Yes, on paper, Bill Belichick deserved to be inducted into the Pro Football Hall of Fame at the first available opportunity. He’s won six Super Bowls as a head coach and two as defensive coordinator. He ranks third all-time in regular season wins and has more playoff victories than any other NFL head coach.
And yet, in voting last month, Belichick fell short of the 40 out of 50 votes needed for induction to the Hall of Fame, a move that shocked the football world. Belichick’s rejection reminds all of us of some oft-ignored lessons about life.
Start with “Spygate,” where the league learned the Patriots videotaped opposing coaches’ signals from prohibited locations. On Sept. 9, 2007, a Patriots video assistant was caught filming New York Jets’ signals. Belichick issued a statement “to apologize to everyone who has been affected.” The NFL imposed a $500,000 fine for Belichick, a $250,000 fine for the team and loss of a 2008 first-round draft pick.
This hardly invalidated the team’s accomplishments in the preceding years, but it established a perception of Belichick as a cheater.
Armando Salguero, who has covered the NFL since 1990 and writes for OutKick, presented the case for Belichick to the Hall of Fame selection committee.
“I presented him (to the committee) … I did not mention Spygate in the presentation,” Salguero said last week on NBC Sports Boston’s Arbella Early Edition. “Then debate happened. There were a lot of Spygate mentions in the debate, and then I get the final say, in which I presented a Spygate rebuttal. I’ll tell you right now: The reason that Bill Belichick is not in the Hall of Fame as a first-ballot Hall of Famer is Spygate. Period.”
“Spygate” was followed by “Deflategate,” the contention that then-Patriots quarterback Tom Brady ordered the deflation of footballs used in his team’s victory against the Indianapolis Colts during the 2015 AFC championship game. Less-inflated footballs are apparently easier to throw and catch in cold weather. The league suspended Brady for the first four games of the 2016 NFL season, while the Patriots were fined $1 million and forfeited two draft picks.
Patriots fans will argue for the rest of time that any breaking of league rules was disputable and ultimately inconsequential; in the end, those touchdowns still needed to be scored, and those tackles needed to be made by players on the field.
But if you get caught breaking the rules, the perception that you’re not honest or honorable will haunt you for a long time.

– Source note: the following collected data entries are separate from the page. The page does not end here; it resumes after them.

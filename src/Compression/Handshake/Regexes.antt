-- ===== src/Compression/Handshake/Regexes.antt =====
-- A concrete `Regex`, as test data: the search from the left.
use ws_fabric.Prelude.{
  ◌≡◌, refl, true, false, [], ◌∷◌, ◌++◌, Option, none, some, arith, all, drop, length,
  if◌then◌else◌, Text,
}
use ws_fabric.Text.{is_empty, starts_with}
use ws_fabric.Text.Decimal.{is_digit}
use ws_fabric.Compression.Handshake.{Regex, occurs_within, is_plain, ends_digits}

digits_of : Text → Text
digits_of [] = []
digits_of (c ∷ s) = let rest = digits_of s in if is_digit c then c ∷ rest else []

matched : Text → Text → Option Text → Option Text
unfolding digits_of
matched s key later =
    if starts_with s key
    then (if is_empty (digits_of (drop (length key) s))
        then later
        else some (digits_of (drop (length key) s)))
    else later

pub leftmost : Text → Text → Option Text
unfolding matched
leftmost [] key = none
leftmost (c ∷ s) key = matched (c ∷ s) key (leftmost s key)

digits_of-append :
    (digits after : Text)
    → all is_digit digits ≡ true
    → ends_digits after ≡ true
    → digits_of (digits ++ after) ≡ digits
unfolding digits_of
digits_of-append [] [] d e = refl
digits_of-append [] (c ∷ s) d e = ground (arith, e)
digits_of-append (c ∷ s) after d e =
    let first : is_digit c ≡ true = ground (arith, d) in
    let others : all is_digit s ≡ true = ground (arith, d) in
    rw (first, digits_of-append s after others e) refl

starts_with-append : (key s : Text) → starts_with (key ++ s) key ≡ true
starts_with-append [] [] = refl
starts_with-append [] (c ∷ s) = refl
starts_with-append (c ∷ key) s = ground (arith, starts_with-append key s)

drop-append : (key s : Text) → drop (length key) (key ++ s) ≡ s
drop-append [] s = refl
drop-append (c ∷ key) s = drop-append key s

pub leftmost_lem :
    (key before digits after : Text)
    → all is_plain key ≡ true
    → is_empty digits ≡ false
    → all is_digit digits ≡ true
    → ends_digits after ≡ true
    → occurs_within (length before) key (before ++ (key ++ (digits ++ after))) ≡ false
    → leftmost (before ++ (key ++ (digits ++ after))) key ≡ some digits
unfolding leftmost matched
leftmost_lem key (c ∷ before) digits after plain some_digits all_digits ends first =
    let other : starts_with (c ∷ (before ++ (key ++ (digits ++ after)))) key ≡ false =
      ground (arith, first) in
    let later : occurs_within (length before) key (before ++ (key ++ (digits ++ after))) ≡ false =
      ground (arith, first) in
    rw other (leftmost_lem key before digits after plain some_digits all_digits ends later)
leftmost_lem [] [] [] after plain some_digits all_digits ends first = cc
leftmost_lem [] [] (d ∷ digits) after plain some_digits all_digits ends first =
    rw (digits_of-append (d ∷ digits) after all_digits ends) refl
leftmost_lem (k ∷ key) [] digits after plain some_digits all_digits ends first =
    rw
      (
        starts_with-append (k ∷ key) (digits ++ after),
        drop-append key (digits ++ after),
        digits_of-append digits after all_digits ends,
        some_digits,
      )
      refl

abbrev pub from_left : Regex
from_left = record {
  captured = λ header key. leftmost header key;
  captured_leftmost = leftmost_lem;
}
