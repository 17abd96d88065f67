-- ===== src/Prelude/Tables.antt =====
-- Checks of every number in a small range.
use Prim.Native.Nat.{ℕ, zero, suc, ◌<◌}
use mathlib.Core.Path.{◌≡◌}
use mathlib.Core.Logic.{inl, inr}
use mathlib.Core.Bool.{Bool, true, ◌&&◌}
use native.Mathlib.Omega.{arith}
use ws_fabric.Prelude.Tests.{◌==◌, Bool-cases}

-- A property of the numbers below a bound, checked one by one.
unfoldable pub all_below : ℕ → (ℕ → Bool) → Bool
all_below zero p = true
all_below (suc n) p = p n && all_below n p

pub all_below_lem : (n : ℕ) (p : ℕ → Bool) (x : ℕ) → all_below n p ≡ true → x < n → p x ≡ true
unfolding all_below
all_below_lem zero p x h below = elim below [ ]
all_below_lem (suc n) p x h below = elim (Bool-cases (x == n)) [
  | inl e ↦ let same : x ≡ n = ground (arith, e) in rw same (ground (arith, h))
  | inr e ↦ all_below_lem n p x (ground (arith, h)) (ground (arith, e, below))
]
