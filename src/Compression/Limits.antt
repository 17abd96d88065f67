-- ===== src/Compression/Limits.antt =====
-- src/compression.rs: a configuration has a level that deflate knows, and windows of 8 to 15 bits.
use ws_fabric.Prelude.{
  ℕ, ◌≤◌, ◌≡◌, refl, Bool, List, [], ◌∷◌, Option, none, some, arith, inl, inr, leb, Bool-cases,
  Text, text_of,
}
use ws_fabric.Error.{ok}
use ws_fabric.Text.{Unicode}
use ws_fabric.Text.Decimal.{parse}
use ws_fabric.Compression.{
  CompressionConfig, default, disabled, is_window, with_level, with_threshold,
  with_server_max_window_bits, with_client_max_window_bits, with_server_no_context_takeover,
  with_client_no_context_takeover,
}
use ws_fabric.Text.{contains}
use ws_fabric.Compression.Handshake.{
  Regex, parsed_or, server_bits_key, client_bits_key, window_or, answered, parse_lower,
  parse_compression_response,
}

pub record IsValid (c : CompressionConfig) : Type 0 where
  pub level : c.level ≤ 9
  pub server : (8 ≤ c.server_max_window_bits) × (c.server_max_window_bits ≤ 15)
  pub client : (8 ≤ c.client_max_window_bits) × (c.client_max_window_bits ≤ 15)

-- A call of a builder method.
pub data Builder : Type 0 where
  level threshold server_bits client_bits : ℕ → Builder
  server_takeover client_takeover : Bool → Builder

abbrev pub apply : Builder → CompressionConfig → Option CompressionConfig
apply (Builder.level n) c = with_level n c
apply (Builder.threshold n) c = some (with_threshold n c)
apply (Builder.server_bits n) c = with_server_max_window_bits n c
apply (Builder.client_bits n) c = with_client_max_window_bits n c
apply (Builder.server_takeover b) c = some (with_server_no_context_takeover b c)
apply (Builder.client_takeover b) c = some (with_client_no_context_takeover b c)

-- Calls in a row, from a configuration or from a panic.
abbrev pub build : List Builder → Option CompressionConfig → Option CompressionConfig
build bs none = none
build [] (some c) = some c
build (b ∷ bs) (some c) = build bs (apply b c)

abbrev pub BuiltIsValid : Option CompressionConfig → Type 0
BuiltIsValid none = Unit
BuiltIsValid (some c) = IsValid c

default-IsValid : IsValid default
default-IsValid = record {
  level = omega arith;
  server = (omega arith, omega arith);
  client = (omega arith, omega arith);
}

apply-IsValid : (b : Builder) (c : CompressionConfig) → IsValid c → BuiltIsValid (apply b c)
apply-IsValid (Builder.level n) c v = elim (Bool-cases (leb n 9)) [
  | inl e ↦ rw e (record { level = ground arith; server = v.server; client = v.client })
  | inr e ↦ rw e tt
]
apply-IsValid (Builder.threshold n) c v = record {
  level = v.level;
  server = v.server;
  client = v.client;
}
apply-IsValid (Builder.server_bits n) c v = elim (Bool-cases (is_window n)) [
  | inl e ↦
      rw e (record { level = v.level; server = (ground arith, ground arith); client = v.client })
  | inr e ↦ rw e tt
]
apply-IsValid (Builder.client_bits n) c v = elim (Bool-cases (is_window n)) [
  | inl e ↦
      rw e (record { level = v.level; server = v.server; client = (ground arith, ground arith) })
  | inr e ↦ rw e tt
]
apply-IsValid (Builder.server_takeover b) c v = record {
  level = v.level;
  server = v.server;
  client = v.client;
}
apply-IsValid (Builder.client_takeover b) c v = record {
  level = v.level;
  server = v.server;
  client = v.client;
}

build-IsValid :
    (bs : List Builder) (o : Option CompressionConfig) → BuiltIsValid o → BuiltIsValid (build bs o)
build-IsValid bs none v = tt
build-IsValid [] (some c) v = v
build-IsValid (b ∷ bs) (some c) v = build-IsValid bs (apply b c) (apply-IsValid b c v)

-- However a configuration is built from the default, either some call panics, or its level is at
-- most 9 and both of its windows have 8 to 15 bits.
pub build-default : (bs : List Builder) → BuiltIsValid (build bs (some default))
build-default bs = build-IsValid bs (some default) default-IsValid

parsed_or-window :
    (old : ℕ) (o : Option ℕ)
    → (8 ≤ old) × (old ≤ 15)
    → (8 ≤ parsed_or old o) × (parsed_or old o ≤ 15)
parsed_or-window old none w = w
parsed_or-window old (some bits) w = elim (Bool-cases (is_window bits)) [
  | inl e ↦ rw e (ground arith, ground arith)
  | inr e ↦ rw e w
]

window_or-window :
    (old : ℕ) (o : Option Text)
    → (8 ≤ old) × (old ≤ 15)
    → (8 ≤ window_or old o) × (window_or old o ≤ 15)
window_or-window old none w = w
window_or-window old (some digits) w = parsed_or-window old (parse 255 digits) w

module _ (u : Unicode) (r : Regex) where
  parse_lower-IsValid :
      (header : Text) → (c : CompressionConfig) × (parse_lower u r header ≡ ok c) × IsValid c
  parse_lower-IsValid header = elim (Bool-cases (contains header (text_of "permessage-deflate"))) [
    | inl e ↦ (
      answered u r header,
      rw e refl,
      record {
        level = default-IsValid.level;
        server = window_or-window 15 (r.captured header server_bits_key) default-IsValid.server;
        client = window_or-window 15 (r.captured header client_bits_key) default-IsValid.client;
      },
    )
    | inr e ↦ (
      disabled,
      rw e refl,
      record {
        level = default-IsValid.level;
        server = default-IsValid.server;
        client = default-IsValid.client;
      },
    )
  ]

  -- Whatever the server answers, and whatever its numbers are, the configuration that is read from
  -- it has a known level and windows of 8 to 15 bits; reading never fails.
  pub parse_compression_response-IsValid :
      (header : Text)
      → (c : CompressionConfig) × (parse_compression_response u r header ≡ ok c) × IsValid c
  parse_compression_response-IsValid header = parse_lower-IsValid (u.to_lowercase header)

One reason Belichick may not have been granted the benefit of the doubt was because during his long coaching career he could often be a jerk — terse, prickly, unwilling to offer the slightest glimpse into his preparation for a game. After a championship, he could warm up and smile and laugh during appearances with David Letterman. But there’s a reason the football world laughed at comedian Frank Caliendo’s impression of Belichick, repeating in a soft monotone, “we’re on to Cincinnati,” to every question, even in the face of a tornado. Belichick often acted like interacting with the press — the people who would eventually vote for who gets inducted into Canton! — was the most insufferable burden of his job.
Then there’s the inconvenient fact that once the legendary coach and quarterback parted ways, Brady won a Super Bowl with the Tampa Bay Buccaneers without Belichick, but without Brady, Belichick struggled, recording zero playoff wins. If you throw in Belichick’s largely forgotten tenure as head coach of the Cleveland Browns and his time before Brady became quarterback, his record as a head coach without Brady is a very meh 83 wins and 104 losses.
If Brady, the Patriots’ sixth-round pick in the 2000 NFL draft, had not developed into one of the most improbable all-time greats in sports, Belichick would probably be remembered as a good coach, but not among the greatest of all time.
Belichick’s record as a college football coach shouldn’t affect the perception of his NFL achievements, but his first year leading the University of North Carolina Tar Heels this past autumn was a disappointment with four wins and eight losses.
Similarly, if you’ve heard the 73-year-old Belichick’s name in the news in the past year, there’s a good chance you heard it alongside the name of his 24-year-old girlfriend, Jordon Hudson. From where I sit, there is something almost romantic about the world’s biggest sourpuss suddenly being the kind of guy who’s willing to pose for goofy pictures pretending he caught Hudson as a mermaid. And our private lives shouldn’t influence how our professional accomplishments are perceived. But … perhaps they do.
Add it all up, and you have just enough reasons for at least 10 Hall of Fame selection voters to conclude, “someday soon, coach, but not this year.” They’ve concluded that with all the controversies, Belichick just isn’t of the moral character to be elected in his first year of eligibility, to join the ranks of, er … O.J. Simpson.